The blanket ban on Indian films by cinema owners in Pakistan amidst rising tensions with India would boost piracy and badly hit local cinemas which generate 50-60 per cent of the revenue from screening Bollywood films, industry insiders say.
Last week, Pakistani cinema hall owners declared an indefinite ban on the screening of Indian films after the Indian film association’s ban on Pakistani actors amidst rising tension between the two countries following the Uri terror attack.
Though local cinema owners stand in solidarity with Pakistan, they say that such bans are bad for both nations, Dawn newspaper reported.
Khorem Gultasab, General Manager of SuperCinema, Lahore, said although 50-60 per cent of the revenue generation came from Bollywood films alone, the decision to suspend Indian films was an “instant agreement” from local stakeholders.
“It’s time to show India that its trade bodies cannot ban our actors and not expect retaliation. They must not forget that Pakistan is the third largest market for Indian films,” he said.
Now that re-runs of old Pakistani films are hitting cinemas along with current films, the Gultasab said that Pakistani cinemas cannot survive on Pakistani films alone.
“There are 52 weeks in a year, the lifespan of any film is 1 week, a blockbuster, 2 weeks. There were a total of 15 Pakistani films released last year, this year so far there have been 6, of which only 3 worked, the others flopped. Even if you double the amount of each film’s run-time with the few films released, you’re still left with 40-42 weeks of empty screens. What will cinemas do for those weeks?”

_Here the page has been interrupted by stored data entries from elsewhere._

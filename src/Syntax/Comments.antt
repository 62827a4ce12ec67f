-- ===== src/Syntax/Comments.antt =====
-- Line comments (crates/themelios-syntax/src/lexer.rs) as the lexer reads them.
use themelios.Prelude.{
  ◌+◌, ◌≡◌, refl, ap, ◌∙◌, Bool, true, false, [], ◌∷◌, ◌++◌, append-nil, none, some, ◌==◌, ◌||◌,
  arith, inl, inr,
}
use themelios.Base.Source.{Char, Chars, len_utf8, byte_len}
use themelios.Base.Line.Position.{OneLine}
use themelios.Base.Line.Content.{EndsContent}
use themelios.Syntax.Token.{SyntaxKind, LexMode, Dialect}
use themelios.Syntax.Scan.{find, starts_with, line_end, unwrap_or}
use themelios.Syntax.Identifiers.{goes_on}
use themelios.Syntax.Lexer.{shared, lex}

find-OneLine : (w : Chars) → OneLine w → find (10 ∷ []) w ≡ none
unfolding find starts_with
find-OneLine [] h = refl
find-OneLine (c ∷ w) h =
    let no_break : (10 == c) ≡ false = ground (arith, h.0) in rw (no_break, find-OneLine w h.1) refl

find-break : (w r : Chars) → OneLine w → find (10 ∷ []) (w ++ 10 ∷ r) ≡ some (byte_len w)
unfolding find starts_with
find-break [] r h = refl
find-break (c ∷ w) r h =
    let no_break : (10 == c) ≡ false = ground (arith, h.0) in rw (no_break, find-break w r h.1) refl

-- The rest of a line, up to its break or the end of the text.
line_end-append :
    (w rest : Chars) → OneLine w → EndsContent rest → line_end (w ++ rest) ≡ byte_len w
unfolding line_end
line_end-append w rest h (inl empty) =
    ap (λ z. unwrap_or (byte_len z) (find (10 ∷ []) z)) (ap (λ z. w ++ z) empty ∙ append-nil w)
    ∙ ap (unwrap_or (byte_len w)) (find-OneLine w h)
line_end-append w rest h (inr (r, break)) =
    ap (λ z. unwrap_or (byte_len z) (find (10 ∷ []) z)) (ap (λ z. w ++ z) break)
    ∙ ap (unwrap_or (byte_len (w ++ 10 ∷ r))) (find-break w r h)

-- A character that makes another comment of the `%` before it.
abbrev pub marks : Char → Bool
marks c = c == b'!' || c == b'*'

no_mark :
    (b : Char) (w rest : Chars)
    → (b == b'!' || b == b'*') ≡ true
    → goes_on marks w ≡ false
    → EndsContent rest
    → starts_with (b'%' ∷ b ∷ []) (b'%' ∷ (w ++ rest)) ≡ false
unfolding starts_with
no_mark b [] rest mark h (inl empty) = ap (starts_with (b ∷ [])) empty
no_mark b [] rest mark h (inr (r, break)) = ap (starts_with (b ∷ [])) break ∙ ground (arith, mark)
no_mark b (c ∷ w) rest mark h ends = ground (arith, mark, h)

shared_comment :
    (w rest : Chars) (mode : LexMode) (dialect : Dialect)
    → OneLine w
    → goes_on marks w ≡ false
    → EndsContent rest
    → shared b'%' (w ++ rest) mode dialect ≡ (SyntaxKind.line_comment, 1 + byte_len w)
unfolding shared len_utf8
shared_comment w rest mode dialect one plain ends =
    let doc = no_mark b'!' w rest refl plain ends in
    let block = no_mark b'*' w rest refl plain ends in
    rw (doc, block, line_end-append (b'%' ∷ w) rest (refl, one) ends) refl

-- In normal and theory mode, under either dialect, a `%` that neither `!` nor `*` follows makes one line
-- comment of the rest of its line: up to the line break, which is not in it, or to the end of the text.
pub lex-comment :
    (w rest : Chars) (dialect : Dialect)
    → OneLine w
    → goes_on marks w ≡ false
    → EndsContent rest
    → (lex (b'%' ∷ (w ++ rest)) LexMode.normal dialect ≡ (SyntaxKind.line_comment, 1 + byte_len w))
      × (lex (b'%' ∷ (w ++ rest)) LexMode.theory dialect
          ≡ (SyntaxKind.line_comment, 1 + byte_len w))
unfolding lex
lex-comment w rest dialect one plain ends = (
  shared_comment w rest LexMode.normal dialect one plain ends,
  shared_comment w rest LexMode.theory dialect one plain ends,
)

Like many, Gultasab too hopes the ban will be lifted soon.
“Pakistan and India are neighbours, and they will be, they are not going away anywhere. If they cannot be friends, they need to learn to co-exist.”
Sharing similar sentiments, Nadeem Mandviwalla, owner of Atrium cinema, Karachi and Centaurus cinema, called the resolution passed by the Indian Motion Picture Producers Association (IMMP) “very immature and unethical”.

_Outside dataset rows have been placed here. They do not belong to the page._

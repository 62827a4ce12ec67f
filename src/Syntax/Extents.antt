-- ===== src/Syntax/Extents.antt =====
-- The extents of the tokens: prefixes of the text, cut on character boundaries.
pub mod Loops
pub mod Closed
pub mod Words
pub mod Forms
use themelios.Prelude.{
  ℕ, zero, suc, ◌+◌, ◌-◌, ◌≤◌, ◌<◌, ◌≡◌, refl, sym, ap, ap₂, subst, ◌∙◌, Bool, true, false,
  if◌then◌else◌, List, [], ◌∷◌, ◌++◌, append_assoc, append-nil, Option, none, some, ltb, leb, ◌==◌,
  ◌&&◌, ◌||◌, arith, Bool-cases, Option-cases, inl, inr, ◌⊎◌, All, length,
}
use themelios.Base.Source.{Char, Chars, len_utf8, byte_len}
use themelios.Base.Source.Cuts.{byte_len-append}
use themelios.Base.Line.{take, drop}
use themelios.Syntax.Scan.{chars, starts_with, find, run, line_end, unwrap_or, shifted}

-- `n` bytes are a prefix of the text.
abbrev pub IsCut : Chars → ℕ → Type 0
IsCut cs n = (p : Chars) × (q : Chars) × (cs ≡ p ++ q) × (byte_len p ≡ n)

-- The first `n` characters are there, and ASCII.
abbrev pub IsAscii : ℕ → Chars → Type 0
IsAscii zero cs = Unit
IsAscii (suc n) [] = ⊥
IsAscii (suc n) (c ∷ cs) = (c < 128) × IsAscii n cs

pub len_utf8_ascii : (c : Char) → c < 128 → len_utf8 c ≡ 1
unfolding len_utf8
len_utf8_ascii c h = ground arith

pub IsCut-none : (cs : Chars) → IsCut cs 0
IsCut-none cs = ([], cs, refl, refl)

pub IsCut-all : (cs : Chars) → IsCut cs (byte_len cs)
IsCut-all cs = (cs, [], sym (append-nil cs), refl)

pub IsCut-cons : (c : Char) (cs : Chars) (n : ℕ) → IsCut cs n → IsCut (c ∷ cs) (len_utf8 c + n)
IsCut-cons c cs n (p, q, e, at) = (c ∷ p, q, ap (λ z. c ∷ z) e, ap (λ z. len_utf8 c + z) at)

pub IsCut-at : (cs : Chars) (n m : ℕ) → n ≡ m → IsCut cs n → IsCut cs m
IsCut-at cs n m e h = subst (IsCut cs) e h

pub IsCut-ascii : (n : ℕ) (cs : Chars) → IsAscii n cs → IsCut cs n
IsCut-ascii zero cs h = IsCut-none cs
IsCut-ascii (suc n) [] h = absurd h
IsCut-ascii (suc n) (c ∷ cs) h =
    IsCut-at (c ∷ cs) (len_utf8 c + n) (suc n) (omega (arith, len_utf8_ascii c h.0))
      (IsCut-cons c cs n (IsCut-ascii n cs h.1))

pub IsCut-skip :
    (n : ℕ) (cs : Chars) (m : ℕ) → IsAscii n cs → IsCut (drop n cs) m → IsCut cs (n + m)
IsCut-skip zero cs m h cut = IsCut-at cs m (0 + m) (omega arith) cut
IsCut-skip (suc n) [] m h cut = absurd h
IsCut-skip (suc n) (c ∷ cs) m h cut =
    IsCut-at (c ∷ cs) (len_utf8 c + (n + m)) (suc n + m) (omega (arith, len_utf8_ascii c h.0))
      (IsCut-cons c cs (n + m) (IsCut-skip n cs m h.1 cut))

IsAscii-at : (n m : ℕ) (cs : Chars) → n ≡ m → IsAscii n cs → IsAscii m cs
IsAscii-at n m cs e h = subst (λ z. IsAscii z cs) e h

pub IsAscii-skip :
    (n m : ℕ) (cs : Chars) → IsAscii n cs → IsAscii m (drop n cs) → IsAscii (n + m) cs
IsAscii-skip zero m cs h more = IsAscii-at m (0 + m) cs (omega arith) more
IsAscii-skip (suc n) m [] h more = absurd h
IsAscii-skip (suc n) m (c ∷ cs) h more =
    IsAscii-at (suc (n + m)) (suc n + m) (c ∷ cs) (omega arith) (h.0, IsAscii-skip n m cs h.1 more)

-- A run of a class of ASCII characters.
pub IsAscii-run :
    (admits : Char → Bool) (cs : Chars)
    → ((c : Char) → admits c ≡ true → c < 128)
    → IsAscii (run admits cs) cs
unfolding run
IsAscii-run admits [] h = tt
IsAscii-run admits (c ∷ cs) h = elim (Bool-cases (admits c)) [
  | inl hit ↦ rw hit (h c hit, IsAscii-run admits cs h)
  | inr miss ↦ rw miss tt
]

-- A text that starts with an ASCII pattern.
pub starts_with-IsAscii :
    (ps cs : Chars) → All (λ c. c < 128) ps → starts_with ps cs ≡ true → IsAscii (length ps) cs
unfolding starts_with
starts_with-IsAscii [] cs small h = tt
starts_with-IsAscii (p ∷ ps) [] small h = absurd (ground (arith, h))
starts_with-IsAscii (p ∷ ps) (c ∷ cs) small h =
    (ground (arith, small.0, h), starts_with-IsAscii ps cs small.1 (ground (arith, h)))

-- Where a pattern is found, the text is cut before it.
pub find_cut :
    (pattern_ cs : Chars) (n : ℕ)
    → find pattern_ cs ≡ some n
    → (p : Chars) × (q : Chars) × (cs ≡ p ++ q) × (byte_len p ≡ n) × (starts_with pattern_ q ≡ true)
unfolding find
find_cut pattern_ [] n h = elim (Bool-cases (starts_with pattern_ [])) [
  | inl hit ↦ ([], [], refl, ground (arith, h, hit), hit)
  | inr miss ↦ absurd (ground (arith, h, miss))
]
find_cut pattern_ (c ∷ cs) n h = elim (Bool-cases (starts_with pattern_ (c ∷ cs))) [
  | inl hit ↦ ([], c ∷ cs, refl, ground (arith, h, hit), hit)
  | inr miss ↦ elim (Option-cases (find pattern_ cs)) [
    | inl nowhere ↦ absurd (ground (arith, h, miss, nowhere))
    | inr (m, there) ↦
        let (p, q, e, at, found) = find_cut pattern_ cs m there in
        (c ∷ p, q, ap (λ z. c ∷ z) e, ground (arith, h, miss, there, at), found)
  ]
]

pub IsCut-line_end : (cs : Chars) → IsCut cs (line_end cs)
unfolding line_end
IsCut-line_end cs = elim (Option-cases (find (10 ∷ []) cs)) [
  | inl nowhere ↦ rw nowhere (IsCut-all cs)
  | inr (n, there) ↦ let (p, q, e, at, _) = find_cut (10 ∷ []) cs n there in rw there (p, q, e, at)
]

“We did this because of IMPPA’s resolution,” he says of the suspension. “We (stake holders) had to respond quickly. There was no time to call a meeting to discuss.”
“The trade association is supposed to improve relations, not destroy them,” Mandviwalla argued, stating that the current Pak-India relations are very delicate, and should not be inflamed at such a time, especially by trade associations.

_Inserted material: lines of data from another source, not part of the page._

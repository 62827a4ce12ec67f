-- ===== src/Syntax/Extents/Loops.antt =====
-- The extents that the loops of comments and strings find.
use themelios.Prelude.{
  ℕ, ◌+◌, ◌-◌, ◌<◌, ◌≡◌, sym, subst, Bool, true, false, if◌then◌else◌, [], ◌∷◌, ◌==◌, ◌&&◌, arith,
  Bool-cases, inl, inr, is_some,
}
use themelios.Base.Source.{Char, Chars, len_utf8, byte_len}
use themelios.Syntax.Scan.{chars, find}
use themelios.Syntax.Quoted.{comment_loop, clingo_loop, asp_loop, is_escape}
use themelios.Syntax.Extents.{IsCut, len_utf8_ascii, IsCut-none, IsCut-all, IsCut-cons}

-- The token ends at `n`, in or after the text from the index `i` on.
abbrev pub Ends : Chars → ℕ → ℕ → Type 0
Ends cs i n = (m : ℕ) × (n ≡ i + m) × IsCut cs m

Ends-all : (cs : Chars) (i total : ℕ) → total ≡ i + byte_len cs → Ends cs i total
Ends-all cs i total e = (byte_len cs, e, IsCut-all cs)

Ends-here : (cs : Chars) (i : ℕ) → Ends cs i i
Ends-here cs i = (0, omega arith, IsCut-none cs)

Ends-cons : (c : Char) (cs : Chars) (i n : ℕ) → Ends cs (i + len_utf8 c) n → Ends (c ∷ cs) i n
Ends-cons c cs i n (m, e, cut) = (len_utf8 c + m, omega arith, IsCut-cons c cs m cut)

Ends-ascii : (c : Char) (cs : Chars) (i n : ℕ) → c < 128 → Ends cs (i + 1) n → Ends (c ∷ cs) i n
Ends-ascii c cs i n h ends =
    Ends-cons c cs i n (subst (λ z. Ends cs (i + z) n) (sym (len_utf8_ascii c h)) ends)

Ends-two :
    (c d : Char) (cs : Chars) (i n : ℕ)
    → c < 128
    → d < 128
    → Ends cs (i + 2) n
    → Ends (c ∷ d ∷ cs) i n
Ends-two c d cs i n h h' (m, e, cut) =
    Ends-ascii c (d ∷ cs) i n h (Ends-ascii d cs (i + 1) n h' (m, omega arith, cut))

pub comment_loop-Ends :
    (total depth : ℕ) (in_line : Bool) (i : ℕ) (cs : Chars)
    → total ≡ i + byte_len cs
    → Ends cs i (comment_loop total depth in_line i cs).1
unfolding comment_loop
comment_loop-Ends total depth in_line i [] e = Ends-all [] i total e
comment_loop-Ends total depth true i (c ∷ cs) e = Ends-cons c cs i _ (
    comment_loop-Ends total depth (if c == 10 then false else true) (i + len_utf8 c) cs
      (omega arith))
comment_loop-Ends total depth false i (c ∷ []) e = Ends-all (c ∷ []) i total e
comment_loop-Ends total depth false i (c ∷ d ∷ cs) e =
    let wide = len_utf8_ascii c in
    let wide' = len_utf8_ascii d in
    elim (Bool-cases (c == b'%' && d == b'*')) [
      | inl opens ↦
          rw (opens, comment_loop)
            (Ends-two c d cs i _ (ground (arith, opens)) (ground (arith, opens)) (
              comment_loop-Ends total (depth + 1) false (i + 2) cs
                (omega (arith, wide (ground (arith, opens)), wide' (ground (arith, opens))))))
      | inr no_open ↦ elim (Bool-cases (c == b'*' && d == b'%')) [
        | inl closes ↦ elim (Bool-cases (depth - 1 == 0)) [
          | inl outermost ↦
              rw (no_open, closes, outermost, comment_loop)
                (Ends-two c d cs i _ (ground (arith, closes)) (ground (arith, closes))
                  (Ends-here cs (i + 2)))
          | inr inner ↦
              rw (no_open, closes, inner, comment_loop)
                (Ends-two c d cs i _ (ground (arith, closes)) (ground (arith, closes)) (
                  comment_loop-Ends total (depth - 1) false (i + 2) cs
                    (omega (arith, wide (ground (arith, closes)), wide' (ground (arith, closes))))))
        ]
        | inr no_close ↦ elim (Bool-cases (c == b'%')) [
          | inl silent ↦
              rw (no_open, no_close, silent, comment_loop)
                (Ends-cons c (d ∷ cs) i _
                  (comment_loop-Ends total depth true (i + len_utf8 c) (d ∷ cs) (omega arith)))
          | inr other ↦
              rw (no_open, no_close, other, comment_loop)
                (Ends-cons c (d ∷ cs) i _
                  (comment_loop-Ends total depth false (i + len_utf8 c) (d ∷ cs) (omega arith)))
        ]
      ]
    ]

pub clingo_loop-Ends :
    (total : ℕ) (defective : Bool) (i : ℕ) (cs : Chars)
    → total ≡ i + byte_len cs
    → Ends cs i (clingo_loop total defective i cs).1
unfolding clingo_loop
clingo_loop-Ends total defective i [] e = Ends-all [] i total e
clingo_loop-Ends total defective i (c ∷ []) e = elim (Bool-cases (c == b'"')) [
  | inl quote ↦ rw quote (Ends-ascii c [] i (i + 1) (ground (arith, quote)) (Ends-here [] (i + 1)))
  | inr no_quote ↦ elim (Bool-cases (c == 10)) [
    | inl break ↦ rw (no_quote, break) (Ends-here (c ∷ []) i)
    | inr inner ↦ elim (Bool-cases (c == b'\\')) [
      | inl slash ↦
          rw (no_quote, inner, slash)
            (Ends-ascii c [] i (i + 1) (ground (arith, slash)) (Ends-here [] (i + 1)))
      | inr other ↦ rw (no_quote, inner, other) (Ends-all (c ∷ []) i total e)
    ]
  ]
]
clingo_loop-Ends total defective i (c ∷ d ∷ cs) e =
    let wide = len_utf8_ascii c in
    let wide' = len_utf8_ascii d in
    elim (Bool-cases (c == b'"')) [
      | inl quote ↦
          rw (quote, clingo_loop)
            (Ends-ascii c (d ∷ cs) i (i + 1) (ground (arith, quote)) (Ends-here (d ∷ cs) (i + 1)))
      | inr no_quote ↦ elim (Bool-cases (c == 10)) [
        | inl break ↦ rw (no_quote, break, clingo_loop) (Ends-here (c ∷ d ∷ cs) i)
        | inr inner ↦ elim (Bool-cases (c == b'\\')) [
          | inr other ↦
              rw (no_quote, inner, other, clingo_loop)
                (Ends-cons c (d ∷ cs) i _
                  (clingo_loop-Ends total defective (i + len_utf8 c) (d ∷ cs) (omega arith)))
          | inl slash ↦ elim (Bool-cases (is_escape d)) [
            | inl escape ↦
                rw (no_quote, inner, slash, escape, clingo_loop)
                  (Ends-two c d cs i _ (ground (arith, slash)) (ground (arith, escape)) (
                    clingo_loop-Ends total defective (i + 2) cs (
                      omega (arith, wide (ground (arith, slash)), wide' (ground (arith, escape))))))
            | inr bad ↦ elim (Bool-cases (d == 10)) [
              | inl cut ↦
                  rw (no_quote, inner, slash, bad, cut, clingo_loop)
                    (Ends-ascii c (d ∷ cs) i (i + 1) (ground (arith, slash))
                      (Ends-here (d ∷ cs) (i + 1)))
              | inr one ↦
                  rw (no_quote, inner, slash, bad, one, clingo_loop)
                    (let (m, at, cut) =
                        clingo_loop-Ends total true (i + (1 + len_utf8 d)) cs
                          (omega (arith, wide (ground (arith, slash)))) in
                      Ends-ascii c (d ∷ cs) i _ (ground (arith, slash))
                        (Ends-cons d cs (i + 1) _ (m, omega (arith, at), cut)))
            ]
          ]
        ]
      ]
    ]

pub asp_loop-Ends :
    (total i : ℕ) (cs : Chars) → total ≡ i + byte_len cs → Ends cs i (asp_loop total i cs).1
unfolding asp_loop
asp_loop-Ends total i [] e = Ends-all [] i total e
asp_loop-Ends total i (c ∷ []) e = elim (Bool-cases (c == b'"')) [
  | inl quote ↦ rw quote (Ends-ascii c [] i (i + 1) (ground (arith, quote)) (Ends-here [] (i + 1)))
  | inr other ↦ rw other (Ends-all (c ∷ []) i total e)
]
asp_loop-Ends total i (c ∷ d ∷ cs) e =
    let wide = len_utf8_ascii c in
    let wide' = len_utf8_ascii d in
    elim (Bool-cases (c == b'"')) [
      | inl quote ↦
          rw (quote, asp_loop)
            (Ends-ascii c (d ∷ cs) i (i + 1) (ground (arith, quote)) (Ends-here (d ∷ cs) (i + 1)))
      | inr no_quote ↦ elim (Bool-cases (c == b'\\' && d == b'"')) [
        | inr other ↦
            rw (no_quote, other, asp_loop)
              (Ends-cons c (d ∷ cs) i _
                (asp_loop-Ends total (i + len_utf8 c) (d ∷ cs) (omega arith)))
        | inl escape ↦ elim (Bool-cases (is_some (find (chars "\"") cs))) [
          | inl later ↦
              rw (no_quote, escape, later, asp_loop)
                (Ends-two c d cs i _ (ground (arith, escape)) (ground (arith, escape)) (
                  asp_loop-Ends total (i + 2) cs
                    (omega (arith, wide (ground (arith, escape)), wide' (ground (arith, escape))))))
          | inr last_ ↦
              rw (no_quote, escape, last_, asp_loop)
                (Ends-two c d cs i _ (ground (arith, escape)) (ground (arith, escape))
                  (Ends-here cs (i + 2)))
        ]
      ]
    ]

Speaking of the suspension in the long-run, he said, “It will hurt them, it will hurt us. It will hurt legitimate business stake holders. The winner is the pirate.”
Although he said there had been no decrease in footfall in cinemas yet, however, “if the suspension is prolonged, it’ll result in hurting cinemas here”.
Mohsin Yaseen of Cinepax (Karachi) management echoed the same sentiments with regards to footfall. Customers are still breezing in through the doors to watch local and Hollywood films.